Raw data: Each query returned json data like this, where the first list contains all the variables in the group S1903, and the second list contains the values.

Prepared + cleaned data:

I cleaned the data by keeping only the columns for estimated median household income by race and age. This took some trial and error as the variable codes changed after 2016. I also replaced not-applicable data (labeled with negative values) with the estimated income for all groups.

Visualization and exploratory data analysis:

The top 2 visualizations were used to check that the data seems correct overall. These plots supported me to correct some mistakes I initially made in the data gathering. All estimated median household values seem reasonable.

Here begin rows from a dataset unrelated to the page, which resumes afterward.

-- ===== src/Acpi/Power/Enable.antt =====
-- The polling loop of `Acpi::enable` in src/acpi.rs.
use capucho_os.Base.{
  leb, ℕ, zero, suc, ◌+◌, ◌*◌, ◌%◌, ◌^◌, ◌≡◌, ◌≢◌, ◌≤◌, refl, Bool, true, false, List, [], ◌∷◌,
  Option, none, some, ret, bit_and, ◌==◌, ◌||◌, arith, Bool-cases, inl, inr, ==_ne, ap,
}
use capucho_os.Base.Shifts.{bit_and-mask}
use capucho_os.Base.Io.{
  Event, Machine, byte, word, ◌>>=◌, port_write, port_read, mem_write, mem_read, sized_write,
  sized_read, halt, instruction, serial_sent,
}
use capucho_os.Kernel.Tick.{sleep}
use capucho_os.Acpi.Power.{Registers, second_enabled, enabled, enable_rounds, enable}

-- How often `hlt` returned, which every interrupt makes it do, not only the timer's.
abbrev pub wakes : List Event → ℕ
wakes [] = 0
wakes (halt ∷ past) = suc (wakes past)
wakes (port_write w port v ∷ past) = wakes past
wakes (port_read w port v ∷ past) = wakes past
wakes (mem_write a v ∷ past) = wakes past
wakes (mem_read a v ∷ past) = wakes past
wakes (sized_write size a v ∷ past) = wakes past
wakes (sized_read size a v ∷ past) = wakes past
wakes (instruction i ∷ past) = wakes past
wakes (serial_sent b ∷ past) = wakes past

sleep_lem :
    (n : ℕ) (mach : Machine) (past : List Event)
    → (log : List Event) × (sleep n mach past ≡ ret (tt, log)) × (wakes log ≡ n + wakes past)
unfolding sleep
sleep_lem zero mach past = (past, refl, omega arith)
sleep_lem (suc n) mach past =
    let (log, run, count) = sleep_lem n mach (halt ∷ past) in (log, run, omega arith)

second_enabled_lem :
    (cnt : Option ℕ) (mach : Machine) (past : List Event)
    → (b : Bool) × (log : List Event) × (second_enabled cnt mach past ≡ ret (b, log))
      × (wakes log ≡ wakes past)
unfolding second_enabled
second_enabled_lem none mach past = (true, past, refl, refl)
second_enabled_lem (some cnt) mach past = (_, _, refl, refl)

enabled_lem :
    (this : Registers) (mach : Machine) (past : List Event)
    → (b : Bool) × (log : List Event) × (enabled this mach past ≡ ret (b, log))
      × (wakes log ≡ wakes past)
unfolding enabled
enabled_lem this mach past =
    let v = mach.port_value past word this.pm1a_cnt % 2 ^ 16 in
    let log = port_read word this.pm1a_cnt v ∷ past in
    elim (Bool-cases (bit_and v 1 == 1)) [
      | inl e ↦
          let (b, log', run, same) = second_enabled_lem this.pm1b_cnt mach log in
          (b, log', rw e run, same)
      | inr e ↦ (false, log, rw e, refl)
    ]

enable_rounds-wakes :
    (n : ℕ) (this : Registers) (mach : Machine) (past : List Event)
    → (b : Bool) × (log : List Event) × (enable_rounds n this mach past ≡ ret (b, log))
      × (wakes log ≤ n * 10 + wakes past)
unfolding enable_rounds
enable_rounds-wakes zero this mach past = (false, past, refl, omega arith)
enable_rounds-wakes (suc n) this mach past =
    let (b, log, run, same) = enabled_lem this mach past in
    let (log1, slept, count1) = sleep_lem 10 mach log in
    let (b2, log2, run2, count2) = enable_rounds-wakes n this mach log1 in
    elim (Bool-cases b) [
      | inl e ↦ (true, log, rw (◌>>=◌, run, e), omega (arith, same))
      | inr e ↦ (b2, log2, rw (◌>>=◌, run, e, slept) run2, omega (arith, same, count1, count2))
    ]

-- On every machine `enable` comes to an end: it returns after `hlt` returned at most 3000 times, and never
-- panics.
pub enable-wakes :
    (this : Registers) (mach : Machine) (past : List Event)
    → (b : Bool) × (log : List Event) × (enable this mach past ≡ ret (b, log))
      × (wakes log ≤ 3000 + wakes past)
unfolding enable
enable-wakes this mach past =
    let start = port_write byte this.smi_cmd_port this.acpi_enable ∷ past in
    let (b, log, run, count) = enable_rounds-wakes 300 this mach start in
    elim (Bool-cases (this.smi_cmd_port == 0 || this.acpi_enable == 0)) [
      | inl e ↦ (false, past, rw e, omega arith)
      | inr e ↦ (b, log, rw e run, omega (arith, count))
    ]

-- Once `hlt` has returned `limit` times, the lowest bit of the register at the port reads 1.
abbrev pub Answers : Machine → ℕ → ℕ → Type 0
Answers mach limit port =
    (past : List Event) → limit ≤ wakes past → mach.port_value past word port % 2 ≡ 1

abbrev pub SecondAnswers : Machine → ℕ → Option ℕ → Type 0
SecondAnswers mach limit none = Unit
SecondAnswers mach limit (some cnt) = Answers mach limit cnt

low_bit : (v : ℕ) → v % 2 ≡ 1 → (bit_and (v % 2 ^ 16) 1 == 1) ≡ true
low_bit v h = rw (bit_and-mask 1 (v % 2 ^ 16)) (ground arith)

second_enabled-true :
    (cnt : Option ℕ) (mach : Machine) (limit : ℕ) (past : List Event)
    → SecondAnswers mach limit cnt
    → limit ≤ wakes past
    → (log : List Event) × (second_enabled cnt mach past ≡ ret (true, log))
unfolding second_enabled
second_enabled-true none mach limit past h late = (past, refl)
second_enabled-true (some cnt) mach limit past h late =
    let v = mach.port_value past word cnt in
    (
      port_read word cnt (v % 2 ^ 16) ∷ past,
      ap (λ b. ret (b, port_read word cnt (v % 2 ^ 16) ∷ past)) (low_bit v (h past late)),
    )

module _ (this : Registers) (mach : Machine) (limit : ℕ) (first : Answers mach limit this.pm1a_cnt)
    (second : SecondAnswers mach limit this.pm1b_cnt) where
  enabled-true :
      (past : List Event)
      → limit ≤ wakes past
      → (log : List Event) × (enabled this mach past ≡ ret (true, log))
  unfolding enabled
  enabled-true past late =
      let v = mach.port_value past word this.pm1a_cnt in
      let (log, run) =
        second_enabled-true this.pm1b_cnt mach limit
          (port_read word this.pm1a_cnt (v % 2 ^ 16) ∷ past) second late in
      (log, rw (low_bit v (first past late)) run)

  enable_rounds-true :
      (n : ℕ) (past : List Event)
      → limit ≤ wakes past + n * 10
      → (log : List Event) × (enable_rounds (suc n) this mach past ≡ ret (true, log))
  unfolding enable_rounds
  enable_rounds-true zero past soon =
      let (log, run) = enabled-true past (omega arith) in (log, rw (◌>>=◌, run))
  enable_rounds-true (suc n) past soon = elim (Bool-cases (leb limit (wakes past))) [
    | inl late ↦ let (log, run) = enabled-true past (ground arith) in (log, rw (◌>>=◌, run))
    | inr early ↦
        let (b, log, run, same) = enabled_lem this mach past in
        elim (Bool-cases b) [
          | inl e ↦ (log, rw (◌>>=◌, run, e))
          | inr e ↦
              let (log1, slept, count1) = sleep_lem 10 mach log in
              let (log2, run2) = enable_rounds-true n log1 (omega (arith, same, count1)) in
              (log2, rw (◌>>=◌, run, e, slept) run2)
        ]
  ]

-- When the command port and the command are not 0, and the lowest bits of the control registers that
-- exist read 1 from some return of `hlt` on, of whatever interrupt, that is at most 2990 returns away,
-- `enable` returns true.
pub enable-true :
    (this : Registers) (mach : Machine) (limit : ℕ) (past : List Event)
    → this.smi_cmd_port ≢ 0
    → this.acpi_enable ≢ 0
    → Answers mach limit this.pm1a_cnt
    → SecondAnswers mach limit this.pm1b_cnt
    → limit ≤ wakes past + 2990
    → (log : List Event) × (enable this mach past ≡ ret (true, log))
unfolding enable
enable-true this mach limit past port command first second soon =
    let start = port_write byte this.smi_cmd_port this.acpi_enable ∷ past in
    let (log, run) = enable_rounds-true this mach limit first second 299 start (omega arith) in
    let e1 : (this.smi_cmd_port == 0) ≡ false = ==_ne _ _ port in
    let e2 : (this.acpi_enable == 0) ≡ false = ==_ne _ _ command in (log, rw (e1, e2) run)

The included climate disasters does not necessarily represent the frequency of disaster events overall, but rather, is the set of events I was able to include when gathering the income census data based on the criteria I stated previously. The final visualization gives an example of comparing estimated median household income by race and age comparison over 2 climate events. There are no clear patterns from this, as can be expected from a sample of 2.

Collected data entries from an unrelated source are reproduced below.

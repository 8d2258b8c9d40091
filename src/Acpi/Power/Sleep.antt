-- ===== src/Acpi/Power/Sleep.antt =====
-- The registers that `Acpi::set_sleep_state` of src/acpi.rs writes.
use capucho_os.Base.{
  Panic, ℕ, zero, suc, ◌+◌, ◌*◌, ◌%◌, ◌/◌, ◌^◌, ◌≡◌, ◌<◌, ◌⊎◌, inl, inr, refl, Bool, true, false,
  List, [], ◌∷◌, Option, none, some, Run, ret, panics, unwrap_none, index_out_of_bounds, bit_or,
  bit_and, u16, ◌<<<◌, ◌>>>◌, arith, ap, get_elem?, or_panic,
}
use capucho_os.Base
use capucho_os.Base.Shifts.{bit_and-mask}
use capucho_os.Base.Io.{Event, Machine, word, port_write, after, ◌>>=◌, ◌>>◌, lift, pure}
use capucho_os.Acpi.Power.{
  write_second, Io, AmlCrate, SleepState, state_name, Registers, slp_en, as_aml_name, sleep_types,
  from_result, get_sleep_state, write_types, set_sleep_state,
}

-- The control register with SLP_EN, bit 13, and the sleep type in the bits 10 to 12.
abbrev pub control : ℕ → ℕ
control typ = 2 ^ 13 + typ * 2 ^ 10

abbrev pub second_write : Option ℕ → ℕ → List Event
second_write none typ = []
second_write (some cnt) typ = port_write word cnt (control typ) ∷ []

control_lem : (x : ℕ) → x < 8 → bit_or slp_en (u16 (x <<< 10)) ≡ control x
control_lem zero h = refl
control_lem (suc zero) h = refl
control_lem (suc (suc zero)) h = refl
control_lem (suc (suc (suc zero))) h = refl
control_lem (suc (suc (suc (suc zero)))) h = refl
control_lem (suc (suc (suc (suc (suc zero))))) h = refl
control_lem (suc (suc (suc (suc (suc (suc zero)))))) h = refl
control_lem (suc (suc (suc (suc (suc (suc (suc zero))))))) h = refl
control_lem (suc (suc (suc (suc (suc (suc (suc (suc x)))))))) h = absurd (omega arith)

write_second_lem :
    (cnt : Option ℕ) (typ : ℕ) (mach : Machine) (past : List Event)
    → typ < 8
    → write_second cnt typ mach past ≡ ret (tt, after past (second_write cnt typ))
unfolding write_second
write_second_lem none typ mach past h = refl
write_second_lem (some cnt) typ mach past h = rw (control_lem typ h)

module _ (aml : AmlCrate) (this : Registers) (context : aml.Context) (state : SleepState)
    (mach : Machine) (past : List Event) where
  -- The method of the state gave `value` in the context `later`, and the log was `mid` then.
  pub record Invoked (value : Option aml.Value) (later : aml.Context) (mid : List Event)
      : Type 0 where
    pub name : aml.Name
    pub named : aml.name_from_str (state_name state) ≡ some name
    pub invoked : aml.invoke_method context name none mach past ≡ ret ((value, later), mid)

  -- The value was a package whose first item is the integer `res`.
  pub record Answer (later : aml.Context) (mid : List Event) (res : ℕ) : Type 0 where
    pub value : aml.Value
    pub first : aml.Value
    pub items : List aml.Value
    pub asked : Invoked (some value) later mid
    pub packed : aml.package_items value ≡ some (first ∷ items)
    pub number : aml.as_integer first later ≡ some res

  -- The panics of the name, of the index, of the number, and of the method itself.
  abbrev pub MayPanic : Panic → Type 0
  MayPanic p =
      (p ≡ unwrap_none)
      ⊎ (p ≡ index_out_of_bounds)
      ⊎ ((name : aml.Name) × (aml.name_from_str (state_name state) ≡ some name)
          × (aml.invoke_method context name none mach past ≡ panics p))

  -- The outcomes: true after the control registers that exist were written with the sleep types that
  -- the first item of the package holds in its bits 0 to 2 and 8 to 10; false with no access after
  -- the method's, if it gave no package; or a panic.
  abbrev pub Sleeps : Run ((Bool × aml.Context) × List Event) → Type 0
  Sleeps (panics p) = MayPanic p
  Sleeps (ret ((false, later), log)) =
      (value : Option aml.Value) × Invoked value later log
      × ((value ≡ none) ⊎ ((v : aml.Value) × (value ≡ some v) × (aml.package_items v ≡ none)))
  Sleeps (ret ((true, later), log)) =
      (res : ℕ) × (mid : List Event) × Answer later mid res
      × (log
          ≡ after mid (
              port_write word this.pm1a_cnt (control (res % 8))
              ∷ second_write this.pm1b_cnt (res / 256 % 8)))

  abbrev types_of : ℕ → ℕ × ℕ
  types_of res = (res % 8, res / 256 % 8)

  types_lem : (res : ℕ) → (bit_and (u16 res) 0b111, bit_and (u16 (res >>> 8)) 0b111) ≡ types_of res
  types_lem res =
      let low : res % 2 ^ 16 % 2 ^ 3 ≡ res % 8 = omega arith in
      let high : res / 2 ^ 8 % 2 ^ 16 % 2 ^ 3 ≡ res / 256 % 8 = omega arith in
      rw (bit_and-mask 3 (u16 res), bit_and-mask 3 (u16 (res >>> 8)), low, high)

  -- The outcomes of `get_sleep_state`.
  abbrev Typed : Run ((Option (ℕ × ℕ) × aml.Context) × List Event) → Type 0
  Typed (panics p) = MayPanic p
  Typed (ret ((none, later), log)) =
      (value : Option aml.Value) × Invoked value later log
      × ((value ≡ none) ⊎ ((v : aml.Value) × (value ≡ some v) × (aml.package_items v ≡ none)))
  Typed (ret ((some types, later), log)) = (res : ℕ) × Answer later log res × (types ≡ types_of res)

  module _ (later : aml.Context) (mid : List Event) where
    number-Typed :
        (value first : aml.Value) (items : List aml.Value) (o : Option ℕ)
        → Invoked (some value) later mid
        → aml.package_items value ≡ some (first ∷ items)
        → aml.as_integer first later ≡ o
        → Typed (
            lift
              (Base.◌>>=◌
                (Base.◌>>=◌
                  (or_panic unwrap_none o)
                  (λ res. ret (bit_and (u16 res) 0b111, bit_and (u16 (res >>> 8)) 0b111)))
                (λ types. ret (some types, later)))
              mach
              mid)
    number-Typed value first items none asked e3 e4 = inl refl
    number-Typed value first items (some res) asked e3 e4 = (
      res,
      record {
        value = value;
        first = first;
        items = items;
        asked = asked;
        packed = e3;
        number = e4;
      },
      types_lem res,
    )

    package-Typed :
        (value : aml.Value) (o : Option (List aml.Value))
        → Invoked (some value) later mid
        → aml.package_items value ≡ o
        → Typed (
            lift
              (elim o [
                | none ↦ ret (none, later)
                | some items ↦
                    Base.◌>>=◌ (sleep_types aml items later) (λ types. ret (some types, later))
              ])
              mach
              mid)
    unfolding sleep_types
    package-Typed value none asked e3 = (some value, asked, inr (value, refl, e3))
    package-Typed value (some []) asked e3 = inr (inl refl)
    package-Typed value (some (first ∷ items)) asked e3 =
        number-Typed value first items (aml.as_integer first later) asked e3 refl

    result-Typed :
        (value : Option aml.Value)
        → Invoked value later mid
        → Typed (lift (from_result aml (value, later)) mach mid)
    unfolding from_result
    result-Typed none asked = (none, asked, inl refl)
    result-Typed (some value) asked = package-Typed value (aml.package_items value) asked refl

  invoked-Typed :
      (name : aml.Name) (m : Run ((Option aml.Value × aml.Context) × List Event))
      → aml.name_from_str (state_name state) ≡ some name
      → aml.invoke_method context name none mach past ≡ m
      → Typed (elim m [ panics p ↦ panics p | ret r ↦ lift (from_result aml r.0) mach r.1 ])
  invoked-Typed name (panics p) e1 e2 = inr (inr (name, e1, e2))
  invoked-Typed name (ret ((value, later), mid)) e1 e2 =
      result-Typed later mid value (record { name = name; named = e1; invoked = e2 })

  named-Typed :
      (o : Option aml.Name)
      → aml.name_from_str (state_name state) ≡ o
      → Typed (
          (lift (or_panic unwrap_none o) >>= λ name.
          aml.invoke_method context name none >>= λ r. lift (from_result aml r))
            mach past)
  named-Typed none e = inl refl
  named-Typed (some name) e =
      invoked-Typed name (aml.invoke_method context name none mach past) e refl

  get_sleep_state-Typed : Typed (get_sleep_state aml context state mach past)
  unfolding get_sleep_state as_aml_name
  get_sleep_state-Typed = named-Typed (aml.name_from_str (state_name state)) refl

  write_types_lem :
      (a b : ℕ) (mid : List Event)
      → a < 8
      → b < 8
      → write_types this a b mach mid
        ≡ ret (
          tt,
          after mid (port_write word this.pm1a_cnt (control a) ∷ second_write this.pm1b_cnt b),
        )
  unfolding write_types
  write_types_lem a b mid la lb =
      rw (◌>>=◌, ◌>>◌, control_lem a la)
        (write_second_lem this.pm1b_cnt b mach (port_write word this.pm1a_cnt (control a) ∷ mid) lb)

  -- The rest of `set_sleep_state` after `get_sleep_state`.
  abbrev entered : Option (ℕ × ℕ) × aml.Context → Io (Bool × aml.Context)
  entered got = elim got.0 [
    | none ↦ pure (false, got.1)
    | some types ↦ write_types this types.0 types.1 >> pure (true, got.1)
  ]

  entered-Sleeps :
      (m : Run ((Option (ℕ × ℕ) × aml.Context) × List Event))
      → Typed m
      → Sleeps (elim m [ panics p ↦ panics p | ret r ↦ entered r.0 mach r.1 ])
  entered-Sleeps (panics p) t = t
  entered-Sleeps (ret ((none, later), mid)) t = t
  entered-Sleeps (ret ((some types, later), mid)) (res, answer, same) =
      let run : write_types this types.0 types.1 mach mid
          ≡ ret (
            tt,
            after mid (
                port_write word this.pm1a_cnt (control (res % 8))
                ∷ second_write this.pm1b_cnt (res / 256 % 8)),
          ) =
        rw same (write_types_lem (res % 8) (res / 256 % 8) mid (omega arith) (omega arith)) in
      rw (◌>>=◌, run) (res, mid, answer, refl)

  -- Every outcome of `set_sleep_state`, for every state, interpreter and machine.
  pub set_sleep_state-Sleeps : Sleeps (set_sleep_state aml this context state mach past)
  unfolding set_sleep_state
  set_sleep_state-Sleeps =
      entered-Sleeps (get_sleep_state aml context state mach past) get_sleep_state-Typed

3. Displacement From Home Because of Natural Disaster, by Select Characteristics (2022 - 2023)

Dataset, source: US Census Bureau

The US Census's Household Pulse Survey Data was designed to quickly collect data on the impacts of COVID-19, and has since expanded to include data about effects of natural disasters, such as displacement from home because of natural disaster, by demographic. This data is available at a national or state level. Although these measures are highly applicable to this project, it's only available from December 2022- August 2023, and thus, is a good addendum to the previous census data.

Raw data:

I did not clean this data at this stage since it is already well-processed, in order retain as much potentially useful data as possible.

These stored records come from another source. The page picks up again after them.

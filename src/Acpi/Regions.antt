-- ===== src/Acpi/Regions.antt =====
-- The trait `AcpiHandler` and the memory and port accesses of `AmlHandler`: src/acpi/handlers.rs, with
-- `LockedHandler::read` and `write` of src/acpi.rs. The lock adds nothing, so `LockedHandler` is `Handler`.
pub mod Balance
use capucho_os.Base.{
  ℕ, ◌+◌, ◌-◌, ◌^◌, ◌≡◌, List, [], ◌∷◌, Option, Run, ret, panics, overflow, unwrap_none, or_panic,
  ◌>>=◌, ltb, if◌then◌else◌,
}
use capucho_os.Memory.External.{Crates, Mapper}
use capucho_os.Acpi.Handler.{Handler, map, unmap}

-- `PhysicalMapping`, with the address that the pointer `virtual_start` has.
pub record PhysicalMapping : Type 0 where
  pub physical_start : ℕ
  pub virtual_start : ℕ
  pub region_length : ℕ
  pub mapped_length : ℕ

module _ (crates : Crates) (mapper : Mapper) where
  unfoldable pub map_all : Handler crates mapper → List ℕ → Run (Handler crates mapper)
  map_all this [] = ret this
  map_all this (frame ∷ frames) = map crates mapper this frame >>= λ next. map_all next frames

  unfoldable pub unmap_all : Handler crates mapper → List ℕ → Run (Handler crates mapper)
  unmap_all this [] = ret this
  unmap_all this (page ∷ pages) = unmap crates mapper this page >>= λ next. unmap_all next pages

  -- A sum of `usize`.
  abbrev pub in_usize : ℕ → Run ℕ
  in_usize n = if ltb n (2 ^ 64) then ret n else panics overflow

  unfoldable pub map_physical_region :
      Handler crates mapper → ℕ → ℕ → Run (PhysicalMapping × Handler crates mapper)
  map_physical_region this physical_address size = do
    first ← crates.phys_addr_new physical_address
    let start = crates.frame_containing first
    sum ← in_usize (physical_address + size)
    last ← crates.phys_addr_new sum
    let end = crates.frame_containing last
    after ← map_all this (crates.frame_range_inclusive start end)
    ret (
      record {
        physical_start = start;
        virtual_start = physical_address;
        region_length = size;
        mapped_length = end + 0x1000 - start;
      },
      after,
    )

  unfoldable pub unmap_physical_region :
      Handler crates mapper → PhysicalMapping → Run (Handler crates mapper)
  unmap_physical_region this region = do
    first ← crates.virt_addr_new region.physical_start
    start ← or_panic unwrap_none (crates.page_from_start first)
    sum ← in_usize (region.physical_start + region.mapped_length)
    last ← crates.virt_addr_new sum
    end ← or_panic unwrap_none (crates.page_from_start last)
    unmap_all this (crates.page_range start end)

Visualization and exploratory data analysis:

These simple visualizations are already helpful for showing some of the social disparities we can expect to see in the aftermath of climate disaster outcomes. Displacement from home rates seem to be at least to some extent dependent on all 3 social dimensions of income level, race, and sexual orientation. Being able to connect this dataset with others, such as the specific climate events, may reveal interesting patterns.

4. National Risk Index, natural hazard risk data across the US

Dataset, source: Federal Emergency Management Agency (FEMA)

FEMA publishes data on the natural hazard risk for each US county that helps illustrate which US communities are most at risk for 18 natural disasters, including hurricanes and heat waves, as well as presenting an aggregated risk score.

Raw data:

I cleaned this data by manually deleting columns for natural disasters that are outside the scope of this study, such as avalanches, earthquakes, and volcanic activity.

Visualization and exploratory data analysis:

Visualization of this dataset makes it immediately apparent which areas of the United States could be most impacted by climate disasters. The second visualization in particular reveals how a few locations may be disproportionately affected by certain climate events.

Concluding Thoughts

I am still in the process of gathering more and higher quality data to support my analysis, as well as working on refining my decision making behind gathering and cleaning the data. Data gathering and cleaning is an iterative process, and the quality of the data that emerges from this stage will heavily impact the quality of the analysis.